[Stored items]

◆ ◆ ◆ ◆

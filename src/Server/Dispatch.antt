-- ===== src/Server/Dispatch.antt =====
-- net/server.rs: the `match` on the command in `read_buffer`.
use rust_data_broker.Prelude.{ℕ, Bool}
use rust_data_broker.Queue.Sizes.{Capacities}
use rust_data_broker.Server.Wire.{
  Request, enqueue, dequeue, create_q, delete_q, list_m, delete_m, requeue, update_m, update_q,
  net_stats,
}
use rust_data_broker.Server.Frame.{Frame}
use rust_data_broker.Server.State.{Server}
use rust_data_broker.Server.Handlers.{
  Handled, handle_enqueue, handle_dequeue, handle_create_q, handle_delete_q, handle_list_m,
  handle_delete_m, handle_succeeded, handle_failed,
}
use rust_data_broker.Server.Updates.{
  handle_requeue, handle_update_m, handle_update_q, handle_net_stats,
}

-- What a task takes from its surroundings: the time of the clock, a new uuid, the capacities of the
-- collections of each queue, the counter of the memory in use, which all allocations in the arena
-- move, and whether the socket takes the answer of a Dequeue.
pub record Surroundings : Type 0 where
  pub now : ℕ
  pub new_hash : ℕ
  pub capacities : ℕ → Capacities
  pub used : ℕ
  pub is_written : Bool

-- The server with that counter.
abbrev pub observed : Server → Surroundings → Server
observed s e = record s { memory = record s.memory { used = e.used } }

unfoldable pub run_command : Request → Server → Frame → Surroundings → Handled
run_command enqueue s f e = handle_enqueue s f.queue_name f.client_id f.payload_size f.payload e.now
run_command dequeue s f e = handle_dequeue s f.queue_name f.client_id e.is_written
run_command create_q s f e = handle_create_q s f.queue_name e.new_hash
run_command delete_q s f e = handle_delete_q s f.queue_name
run_command list_m s f e = handle_list_m s f.queue_name
run_command delete_m s f e = handle_delete_m s f.queue_name f.client_id f.payload_size f.payload
run_command Request.succeeded s f e = handle_succeeded s f.queue_name f.client_id
run_command Request.failed s f e = handle_failed s f.queue_name f.client_id
run_command requeue s f e = handle_requeue s f.queue_name f.client_id f.payload_size f.payload e.now
run_command update_m s f e = handle_update_m s f.queue_name f.payload_size f.payload
run_command update_q s f e = handle_update_q s f.queue_name f.payload_size f.payload
run_command net_stats s f e = handle_net_stats s e.capacities

unfoldable pub handle_frame : Server → Frame → Surroundings → Handled
unfolding run_command
handle_frame s f e = run_command f.command (observed s e) f e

◆ ◆ ◆ ◆

→ **Problem description**
Each record above should be set down again in its exact wording.

→ **Answer**
filename src/Server/Dispatch.antt
-- ===== src/Server/Dispatch.antt =====
-- net/server.rs: the `match` on the command in `read_buffer`.
use rust_data_broker.Prelude.{ℕ, Bool}
use rust_data_broker.Queue.Sizes.{Capacities}
use rust_data_broker.Server.Wire.{
  Request, enqueue, dequeue, create_q, delete_q, list_m, delete_m, requeue, update_m, update_q,
  net_stats,
}
use rust_data_broker.Server.Frame.{Frame}
use rust_data_broker.Server.State.{Server}
use rust_data_broker.Server.Handlers.{
  Handled, handle_enqueue, handle_dequeue, handle_create_q, handle_delete_q, handle_list_m,
  handle_delete_m, handle_succeeded, handle_failed,
}
use rust_data_broker.Server.Updates.{
  handle_requeue, handle_update_m, handle_update_q, handle_net_stats,
}

-- What a task takes from its surroundings: the time of the clock, a new uuid, the capacities of the
-- collections of each queue, the counter of the memory in use, which all allocations in the arena
-- move, and whether the socket takes the answer of a Dequeue.
pub record Surroundings : Type 0 where
  pub now : ℕ
  pub new_hash : ℕ
  pub capacities : ℕ → Capacities
  pub used : ℕ
  pub is_written : Bool

-- The server with that counter.
abbrev pub observed : Server → Surroundings → Server
observed s e = record s { memory = record s.memory { used = e.used } }

unfoldable pub run_command : Request → Server → Frame → Surroundings → Handled
run_command enqueue s f e = handle_enqueue s f.queue_name f.client_id f.payload_size f.payload e.now
run_command dequeue s f e = handle_dequeue s f.queue_name f.client_id e.is_written
run_command create_q s f e = handle_create_q s f.queue_name e.new_hash
run_command delete_q s f e = handle_delete_q s f.queue_name
run_command list_m s f e = handle_list_m s f.queue_name
run_command delete_m s f e = handle_delete_m s f.queue_name f.client_id f.payload_size f.payload
run_command Request.succeeded s f e = handle_succeeded s f.queue_name f.client_id
run_command Request.failed s f e = handle_failed s f.queue_name f.client_id
run_command requeue s f e = handle_requeue s f.queue_name f.client_id f.payload_size f.payload e.now
run_command update_m s f e = handle_update_m s f.queue_name f.payload_size f.payload
run_command update_q s f e = handle_update_q s f.queue_name f.payload_size f.payload
run_command net_stats s f e = handle_net_stats s e.capacities

unfoldable pub handle_frame : Server → Frame → Surroundings → Handled
unfolding run_command
handle_frame s f e = run_command f.command (observed s e) f e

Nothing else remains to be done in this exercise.